Solution 1 - increase the limits

If you believe environment has enough resources to allow higher limits for the detectors, we suggest increasing the limits for the containers. The memory pressure on the nodes can be inspected in the NSX UI under System → NSX Application Platform. The page provides a detailed summary of the available memory on each node.

To increase the limits for the containers, patch the llanta-detectors statefulset resource via the following Kubernetes command:

LLANTA_JOB_LIMIT="<NEW_VALUE_LLANTA_JOB>" && napp-k patch statefulset llanta-detectors -p="{\"spec\":{\"template\":{\"spec\":{\"containers\":[{\"name\":\"llanta-job-netflow-beaconing\", \"resources\":{\"limits\":{\"memory\": \"$LLANTA_JOB_LIMIT\"},\"requests\":{\"memory\": \"$LLANTA_JOB_LIMIT\"}}}, {\"name\":\"llanta-job-time-series\", \"resources\":{\"limits\":{\"memory\": \"$LLANTA_JOB_LIMIT\"},\"requests\":{\"memory\": \"$LLANTA_JOB_LIMIT\"}}}]}}}}"

For example, to set the memory limit to 10Gi for the llanta-job-* containers, execute:

LLANTA_JOB_LIMIT="10Gi" && napp-k patch statefulset llanta-detectors -p="{\"spec\":{\"template\":{\"spec\":{\"containers\":[{\"name\":\"llanta-job-netflow-beaconing\", \"resources\":{\"limits\":{\"memory\": \"$LLANTA_JOB_LIMIT\"},\"requests\":{\"memory\": \"$LLANTA_JOB_LIMIT\"}}}, {\"name\":\"llanta-job-time-series\", \"resources\":{\"limits\":{\"memory\": \"$LLANTA_JOB_LIMIT\"},\"requests\":{\"memory\": \"$LLANTA_JOB_LIMIT\"}}}]}}}}"

Delete the llanta-detectors-0 pod and let Kubernetes restart it with the new resource values:

napp-k delete pod llanta-detectors-0

NOTE: This command also aligns the requests for the containers to the limits.
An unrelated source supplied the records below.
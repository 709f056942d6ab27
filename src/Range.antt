-- ===== src/Range.antt =====
-- `for k, v := range m` over a Go map: the values in the order that the runtime chooses, and that
-- it visits each entry exactly once.
use mathlib.Core.List.Perm
use mathlib.Core.List.{filter_map}
use mathlib.Core.Bool.{Bool-set}
use mathlib.Core.Logic.{∥∥₁_elim}
use mcp_module.Common.{
  Bool, false, ◌&&◌, ◌||◌, Bool-cases, ◌==◌, true, String, List, [], ◌∷◌, map, Dict, lookup, keys,
  IsDict, IsAbsent, ◌≡◌, refl, ap, subst, ◌∙◌, Perm, arith, eq_iff, eq_refl, ◌⊎◌, inl, inr,
}
use mcp_module.Json.{Runtime}

-- The language promises only that each key is visited once.
abbrev pub VisitsAll : Runtime → Type 0
VisitsAll go = (ks : List String) → Perm (go.range_order ks) ks

abbrev pub values {ℓ} : {V : Type ℓ} → Dict V → List V
values m = map (λ e. e.1) m

module _ {ℓ} {V : Type ℓ} where
  unfoldable pub at_keys : Dict V → List String → List V
  at_keys m ks = filter_map (λ k. lookup k m) ks

  unfoldable pub range : Runtime → Dict V → List V
  unfolding at_keys
  range go m = at_keys m (go.range_order (keys m))

  at_keys-cons :
      (j : String) (w : V) (m rest : Dict V)
      → IsAbsent j rest
      → at_keys ((j, w) ∷ m) (keys rest) ≡ at_keys m (keys rest)
  unfolding at_keys keys lookup filter_map
  at_keys-cons j w m [] _ = refl
  at_keys-cons j w m ((i, v) ∷ rest) (h, hs) =
      ground (arith, eq_iff j i, at_keys-cons j w m rest hs)

  at_keys-keys : (m : Dict V) → IsDict m → at_keys m (keys m) ≡ values m
  unfolding at_keys keys lookup filter_map
  at_keys-keys [] _ = refl
  at_keys-keys ((j, w) ∷ m) (h, hs) =
      rw (eq_refl j) (ap (λ l. w ∷ l) (at_keys-cons j w m m h ∙ at_keys-keys m hs))

  -- Whatever the order, the values that `range` visits are those of the map, each once.
  pub range-perm :
      (go : Runtime) (m : Dict V) → VisitsAll go → IsDict m → Perm (range go m) (values m)
  unfolding range
  range-perm go m v d =
      subst (Perm (range go m)) (at_keys-keys m d) (Perm.filter_map (λ k. lookup k m) (v (keys m)))

single_perm : (l : List String) (k : String) → Perm l (k ∷ []) → l ≡ k ∷ []
single_perm [] k p = let e = Perm.nil-eq p in cc
single_perm (x ∷ []) k p =
    ap (λ y. y ∷ []) ((eq_iff x k).0 (∥∥₁_elim (Perm.cons-cons_cases p) (Bool-set _ _) same_or))
  where
    same_or :
        ((x ≡ k) × Perm {A = String} [] [])
          ⊎ ((cs : List String) × Perm [] (k ∷ cs) × Perm [] (x ∷ cs))
        → (x == k) ≡ true
    same_or (inl (e, _)) = (eq_iff x k).1 e
    same_or (inr (cs, q, _)) = let e = Perm.nil-eq q in cc
single_perm (x ∷ y ∷ zs) k p = let e = Perm.length-eq p in cc

-- A map with one entry.
pub range-single {ℓ} :
    {V : Type ℓ} (go : Runtime) (k : String) (v : V)
    → VisitsAll go
    → range go ((k, v) ∷ []) ≡ v ∷ []
unfolding range at_keys keys lookup filter_map
range-single go k v visits =
    ap (at_keys ((k, v) ∷ [])) (single_perm (go.range_order (k ∷ [])) k (visits (k ∷ [])))
    ∙ rw (eq_refl k) refl

abbrev are : String → String → String → String → Bool
are x y a b = (x == a) && (y == b)

are_self : {x y a b : String} → x ≡ a → y ≡ b → are x y a b ≡ true
are_self {x} {y} {a} {b} e f = rw ((eq_iff x a).1 e) ((eq_iff y b).1 f)

are_same : (x y a b : String) → are x y a b ≡ true → x ∷ y ∷ [] ≡ a ∷ b ∷ []
are_same x y a b h = ground (arith, eq_iff x a, eq_iff y b)

head_same : {x a : String} {xs as' : List String} → x ∷ xs ≡ a ∷ as' → (x ≡ a) × (xs ≡ as')
head_same e = (cc, cc)

or_true : (c : Bool) → (c || true) ≡ true
or_true true = refl
or_true false = refl

either_way :
    (x y a b : String) → Perm (x ∷ y ∷ []) (a ∷ b ∷ []) → (are x y a b || are x y b a) ≡ true
either_way x y a b p = ∥∥₁_elim (Perm.cons-cons_cases p) (Bool-set _ _) same_or
  where
    same_or :
        ((x ≡ a) × Perm (y ∷ []) (b ∷ []))
          ⊎ ((cs : List String) × Perm (y ∷ []) (a ∷ cs) × Perm (b ∷ []) (x ∷ cs))
        → (are x y a b || are x y b a) ≡ true
    same_or (inl (e, q)) = rw (are_self e ((head_same (single_perm (y ∷ []) b q)).0)) refl
    same_or (inr (cs, q, q')) =
        let (e, none_left) = head_same (single_perm (x ∷ cs) b (Perm.symm q')) in
        let f =
          (head_same (single_perm (y ∷ []) a (subst (λ l. Perm (y ∷ []) (a ∷ l)) none_left q))).0 in
        rw (are_self e f) (or_true (are x y a b))

-- A permutation of two texts.
pub two_perm :
    (l : List String) (a b : String) → Perm l (a ∷ b ∷ []) → (l ≡ a ∷ b ∷ []) ⊎ (l ≡ b ∷ a ∷ [])
two_perm [] a b p = let e = Perm.length-eq p in cc
two_perm (x ∷ []) a b p = let e = Perm.length-eq p in cc
two_perm (x ∷ y ∷ z ∷ zs) a b p = let e = Perm.length-eq p in cc
two_perm (x ∷ y ∷ []) a b p = elim (Bool-cases (are x y a b)) [
  | inl same ↦ inl (are_same x y a b same)
  | inr other ↦ inr (are_same x y b a (rw other at (either_way x y a b p)))
]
This ensures that the cluster has enough capacity to run the pod with the updated limits.

Finally, wait a few minutes and verify the llanta-detectors-0 pod is running :

napp-k get pods |grep llanta-detectors-0

NOTE: If the pod fails to be scheduled, it can be examined via the following command:

napp-k describe pod llanta-detectors-0

Failed scheduling of the pod is indicated the the Events section of the output:

Warning FailedScheduling 32s default-scheduler 0/6 nodes are available: 1 node(s) had taint {node-role.kubernetes.io/master: }, that the pod didn't tolerate, 5 Insufficient memory.

If the cluster does not have enough capacity to accommodate the new limits, the possible solutions are:

Repeat the patch command above with lower values for the limits
Increase the cluster capacity by adding worker nodes

Solution 2 - disable the detectors responsible for the jobs

If increasing the limits is not an option in the particular environment (i.e, the memory pressure on the nodes is already high), we suggest disabling the detectors that the two job containers are handling.
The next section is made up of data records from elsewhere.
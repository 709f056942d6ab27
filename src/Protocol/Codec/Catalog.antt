-- ===== src/Protocol/Codec/Catalog.antt =====
-- The JSON form of resources and prompts (pkg/protocol/protocol.go), by their struct tags.
use mcp_module.Common.{false, not, Option, none, some, [], map, ◌>>=◌}
use mcp_module.Json.{
  Value, null, bool, arr, items, part, object, struct_of, bool_of, list_of, is_empty, find_field,
}
use mcp_module.Protocol.Content.{
  Resource, ResourceContent, PromptArgument, Prompt, PromptMessage, ContentBlock,
}
use mcp_module.Protocol.Codec.{text_part, text_part?, read_text, encode_block, decode_block}

unfoldable pub encode_resource : Resource → Value
encode_resource r = object (
    text_part "uri" r.uri (
      text_part "name" r.name
        (text_part? "description" r.description (text_part? "mimeType" r.mime_type []))))

unfoldable pub decode_resource : Value → Option Resource
decode_resource v = do
  fs ← struct_of v
  uri ← read_text "uri" fs
  name ← read_text "name" fs
  description ← read_text "description" fs
  mime_type ← read_text "mimeType" fs
  some (record { uri = uri; name = name; description = description; mime_type = mime_type })

unfoldable pub encode_content : ResourceContent → Value
encode_content c = object (
    text_part "uri" c.uri
      (text_part? "mimeType" c.mime_type (text_part? "text" c.text (text_part? "blob" c.blob []))))

unfoldable pub decode_content : Value → Option ResourceContent
decode_content v = do
  fs ← struct_of v
  uri ← read_text "uri" fs
  mime_type ← read_text "mimeType" fs
  text ← read_text "text" fs
  blob ← read_text "blob" fs
  some (record { uri = uri; mime_type = mime_type; text = text; blob = blob })

unfoldable pub encode_argument : PromptArgument → Value
encode_argument a = object (
    text_part "name" a.name (
      text_part? "description" a.description
        (part (not a.required) "required" (bool a.required) [])))

unfoldable pub decode_argument : Value → Option PromptArgument
decode_argument v = do
  fs ← struct_of v
  name ← read_text "name" fs
  description ← read_text "description" fs
  required ← bool_of (find_field "required" fs)
  some (record { name = name; description = description; required = required })

unfoldable pub encode_prompt : Prompt → Value
encode_prompt p = object (
    text_part "name" p.name (
      text_part? "description" p.description (
        part (is_empty p.arguments) "arguments" (arr (items (map encode_argument p.arguments)))
          [])))

unfoldable pub decode_prompt : Value → Option Prompt
decode_prompt v = do
  fs ← struct_of v
  name ← read_text "name" fs
  description ← read_text "description" fs
  arguments ← list_of decode_argument (find_field "arguments" fs)
  some (record { name = name; description = description; arguments = arguments })

-- `Content` is a struct, not a pointer: where it is absent or null its fields are empty.
unfoldable pub block_of : Option Value → Option ContentBlock
block_of none = decode_block null
block_of (some v) = decode_block v

unfoldable pub encode_message : PromptMessage → Value
encode_message m =
    object (text_part "role" m.role (part false "content" (encode_block m.content) []))

unfoldable pub decode_message : Value → Option PromptMessage
decode_message v = do
  fs ← struct_of v
  role ← read_text "role" fs
  content ← block_of (find_field "content" fs)
  some (record { role = role; content = content })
Detectors can be disabled via the NSX Manager UI under Security → Suspicious Traffic → Detector Definitions , or Threat Detection & Response → Settings → NTA Detectors Definitions . The detectors that can be disabled to release memory pressure on the llanta-job-* containers are:

Unusual Network Traffic Pattern
Netflow Beaconing

Additional Information

If you are following Solution 1 to solve this issue, you should also include following
NSX Intelligence is Down due to Out Of Memory issues in NTA POD `llanta-detectors-0` - `llanta-service` container
or that issue will likely be hit later